Depuis, M. Vitkine a confirmé avec assurance l’authenticité des témoignages de son documentaire, qui attribuent le tableau à l'atelier, ajoutant qu’il en sait plus qu’il ne peut en dire pour la sécurité de ses sources, et M. Rykner, qui de son côté ne peut raisonnablement pas supposer que le rapport du Louvre est un faux, s’égare un peu, et l’admet, en hypothèses hasardeuses.

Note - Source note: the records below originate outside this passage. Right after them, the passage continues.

-- ===== src/Syscall/Client/Servers.antt =====
-- crates/smos-common/src/syscall.rs: the client's calls for replies, processes and channels, and the
-- connections to other servers (`NonRootServerInterface`).
use smos_thesis.Base.{
  ℕ, not, ◌||◌, List, [], ◌∷◌, Option, none, some, panic, length, ltb, ◌==◌, if◌then◌else◌,
}
use smos_thesis.Common.Errors.{server_error}
use smos_thesis.Common.Invocations.{SmosInvocation}
use smos_thesis.Server.Message.{MessageInfo}
use smos_thesis.Server.Reply.{HandleOrHandleCap, handle, handle_cap}
use smos_thesis.Syscall.Request.{ReceivedInfo}
use smos_thesis.Syscall.Client.{
  Services, Ipc, done, refuse, ◌>>=◌, ◌>>◌, set_msg, set_cap, msg_reg, set_recv_slot, check,
  shared_buf, put_name, set_buf, send, one_cap, invoke,
}

abbrev pub argv_names : Option (List (List ℕ)) → List (List ℕ)
argv_names none = []
argv_names (some names) = names

module _ {World : Type 0} where
  unfoldable pub reply_create_request : ℕ → Ipc World MessageInfo
  reply_create_request return_cap = do
    set_recv_slot return_cap
    send SmosInvocation.reply_create 0 0

  unfoldable pub reply_create_reply : ℕ → ReceivedInfo → Ipc World (ℕ × ℕ)
  reply_create_reply return_cap msginfo =
      if not (one_cap msginfo) || not (msginfo.msg_length == 1)
      then refuse server_error
      else (do idx ← msg_reg 0; done (idx, return_cap))

  unfoldable pub reply_create : Services World → ℕ → Ipc World (ℕ × ℕ)
  unfolding reply_create_request reply_create_reply invoke
  reply_create s return_cap =
      invoke s (reply_create_request return_cap) (reply_create_reply return_cap)

  unfoldable pub server_handle_cap_create_request : ℕ → ℕ → ℕ → Ipc World MessageInfo
  server_handle_cap_create_request publish_hndl ident return_slot = do
    set_recv_slot return_slot
    set_msg 0 publish_hndl
    set_msg 1 ident
    send SmosInvocation.server_handle_cap_create 2 0

  unfoldable pub server_handle_cap_create_reply : ℕ → ReceivedInfo → Ipc World (ℕ × ℕ)
  server_handle_cap_create_reply return_slot msginfo =
      if not (one_cap msginfo) || not (msginfo.msg_length == 1)
      then refuse server_error
      else (do idx ← msg_reg 0; done (idx, return_slot))

  unfoldable pub server_handle_cap_create : Services World → ℕ → ℕ → ℕ → Ipc World (ℕ × ℕ)
  unfolding server_handle_cap_create_request server_handle_cap_create_reply invoke
  server_handle_cap_create s publish_hndl ident return_slot =
      invoke s (server_handle_cap_create_request publish_hndl ident return_slot)
        (server_handle_cap_create_reply return_slot)

  -- The loop over `argv`, on the slice behind what is written.
  unfoldable pub put_names : List ℕ → List ℕ → List (List ℕ) → Ipc World (List ℕ × List ℕ)
  put_names before rest [] = done (before, rest)
  put_names before rest (name ∷ names) = do
    out ← put_name before rest name
    put_names out.0 out.1 names

  unfoldable pub process_spawn_request :
      List ℕ → List ℕ → ℕ → Option (List (List ℕ)) → Ipc World MessageInfo
  process_spawn_request executable_name fs_name prio argv = do
    bytes ← shared_buf
    exec_out ← put_name [] bytes executable_name
    fs_out ← put_name exec_out.0 exec_out.1 fs_name
    _ ← put_names fs_out.0 fs_out.1 (argv_names argv)
    set_msg 0 (length (argv_names argv))
    set_msg 1 prio
    send SmosInvocation.proc_spawn 2 0

  unfoldable pub process_spawn_reply : ReceivedInfo → Ipc World ℕ
  process_spawn_reply msginfo = do idx ← msg_reg 0; done idx

  unfoldable pub process_spawn :
      Services World → List ℕ → List ℕ → ℕ → Option (List (List ℕ)) → Ipc World ℕ
  unfolding process_spawn_request process_spawn_reply invoke
  process_spawn s executable_name fs_name prio argv =
      invoke s (process_spawn_request executable_name fs_name prio argv) (process_spawn_reply)

  unfoldable pub process_wait_request : ℕ → Ipc World MessageInfo
  process_wait_request hndl = do set_msg 0 hndl; send SmosInvocation.proc_wait 1 0

  unfoldable pub process_wait : Services World → ℕ → Ipc World (Unit {0})
  unfolding process_wait_request invoke
  process_wait s hndl = invoke s (process_wait_request hndl) (λ msginfo. done tt)

  -- The call does not return; `unreachable!()` stands behind it.
  unfoldable pub process_exit_request : Ipc World MessageInfo
  process_exit_request = send SmosInvocation.proc_exit 0 0

  unfoldable pub process_exit : Services World → Ipc World (Unit {0})
  unfolding process_exit_request
  process_exit s = do info ← process_exit_request; λ c. panic

  unfoldable pub load_complete_request : ℕ → ℕ → Ipc World MessageInfo
  load_complete_request entry_point sp = do
    set_msg 0 entry_point
    set_msg 1 sp
    send SmosInvocation.load_complete 2 0

  unfoldable pub load_complete : Services World → ℕ → ℕ → Ipc World (Unit {0})
  unfolding load_complete_request invoke
  load_complete s entry_point sp =
      invoke s (load_complete_request entry_point sp) (λ msginfo. done tt)

  unfoldable pub channel_open_request : ℕ → ℕ → Ipc World MessageInfo
  channel_open_request channel_hndl_cap ntfn_slot = do
    set_recv_slot ntfn_slot
    set_cap 0 channel_hndl_cap
    send SmosInvocation.channel_open 0 1

  unfoldable pub channel_open_reply : ℕ → ReceivedInfo → Ipc World ℕ
  channel_open_reply ntfn_slot msginfo = do check (one_cap msginfo); done ntfn_slot

  unfoldable pub channel_open : Services World → ℕ → ℕ → Ipc World ℕ
  unfolding channel_open_request channel_open_reply invoke
  channel_open s channel_hndl_cap ntfn_slot =
      invoke s (channel_open_request channel_hndl_cap ntfn_slot) (channel_open_reply ntfn_slot)

  unfoldable pub server_channel_create_request : ℕ → ℕ → Ipc World MessageInfo
  server_channel_create_request publish_hndl channel_slot = do
    set_recv_slot channel_slot
    set_msg 0 publish_hndl
    send SmosInvocation.server_create_channel 1 0

  unfoldable pub server_channel_create_reply : ℕ → ReceivedInfo → Ipc World (ℕ × ℕ)
  server_channel_create_reply channel_slot msginfo = do
    check (one_cap msginfo)
    bit ← msg_reg 0
    check (ltb bit 256)
    done (bit, channel_slot)

  unfoldable pub server_channel_create : Services World → ℕ → ℕ → Ipc World (ℕ × ℕ)
  unfolding server_channel_create_request server_channel_create_reply invoke
  server_channel_create s publish_hndl channel_slot =
      invoke s (server_channel_create_request publish_hndl channel_slot)
        (server_channel_create_reply channel_slot)

  unfoldable pub conn_open_request : Option (HandleOrHandleCap × List ℕ) → Ipc World MessageInfo
  conn_open_request none = send SmosInvocation.conn_open 0 0
  conn_open_request (some (handle idx, buffer)) = do
    set_msg 0 idx
    set_msg 1 (length buffer)
    send SmosInvocation.conn_open 2 0
  conn_open_request (some (handle_cap cptr, buffer)) = do
    set_cap 0 cptr
    set_msg 1 (length buffer)
    send SmosInvocation.conn_open 2 1

  unfoldable pub conn_open_reply :
      Option (HandleOrHandleCap × List ℕ) → ReceivedInfo → Ipc World (Unit {0})
  conn_open_reply none msginfo = done tt
  conn_open_reply (some (hndl, buffer)) msginfo = set_buf (some buffer)

  unfoldable pub conn_open :
      Services World → Option (HandleOrHandleCap × List ℕ) → Ipc World (Unit {0})
  unfolding conn_open_request conn_open_reply invoke
  conn_open s shared = invoke s (conn_open_request shared) (conn_open_reply shared)

  unfoldable pub conn_close_request : Ipc World MessageInfo
  conn_close_request = send SmosInvocation.conn_close 0 0

  unfoldable pub conn_close : Services World → Ipc World (Unit {0})
  unfolding conn_close_request invoke
  conn_close s = invoke s conn_close_request (λ msginfo. set_buf none)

Alors qui tire les ficelles de toutes ces marionnettes ? Peut-être les scénaristes de Netflix, dont on dit qu’ils sont hautement qualifiés. Il n’est pas certain qu’on le découvrira dans la prochaine saison de la série. Depuis Ésope, le fabuliste, on ne tue plus la poule aux œufs d’or.
   

2 commentaires :

Lothar a dit…

J’ai ma version sur ce tableau : il s’agit en réalité du portrait de Salvatore Mondi, le concierge de Léonard de Vinci. Ce brave homme était muet et étant chargé d’accueillir les nombreux visiteurs du maître au rez-de-chaussée, il leur indiquait sa présence au premier étage par ce geste. Ce tableau a été peint par un des élèves de Vinci (et son giton, selon des mauvaises langues) : Gian Giacomo Caprotti dit « Salai » (petit diable) réputé par sa cleptomanie et ce serait lui qui aurait volé le saint suaire de Turin pour le remplacer par une mauvaise copie. Et c’est donc sur le vrai suaire de Turin que Salai a peinturluré le portrait parodique et quelque peu zombique du concierge.
Je rajouterai qu’à l’origine, le concierge portait dans sa main gauche, non pas une boule, mais un ciboire représentant sans aucun doute le saint Graal que Salai aurait également volé selon d’autres mauvaises langues.
Je n’ai hélas, aucune preuve pour étayer cette version, mais elle en vaut bien une autre, non ?
Bien à vous.

Costar a dit…

Vos révélations sont époustouflantes, je l'admets !
Mais le manque de preuve en réduit sérieusement la portée, alors que la solution la plus simple, la plus probable, c'est qu'on a affaire au portrait d'un ressuscité d'un certain nombre de jours, ce qui semble évident, d'autant que la chose a été reportée dans les journaux de l'époque, dont le tirage actuel à plusieurs milliards d'exemplaires devrait vous convaincre.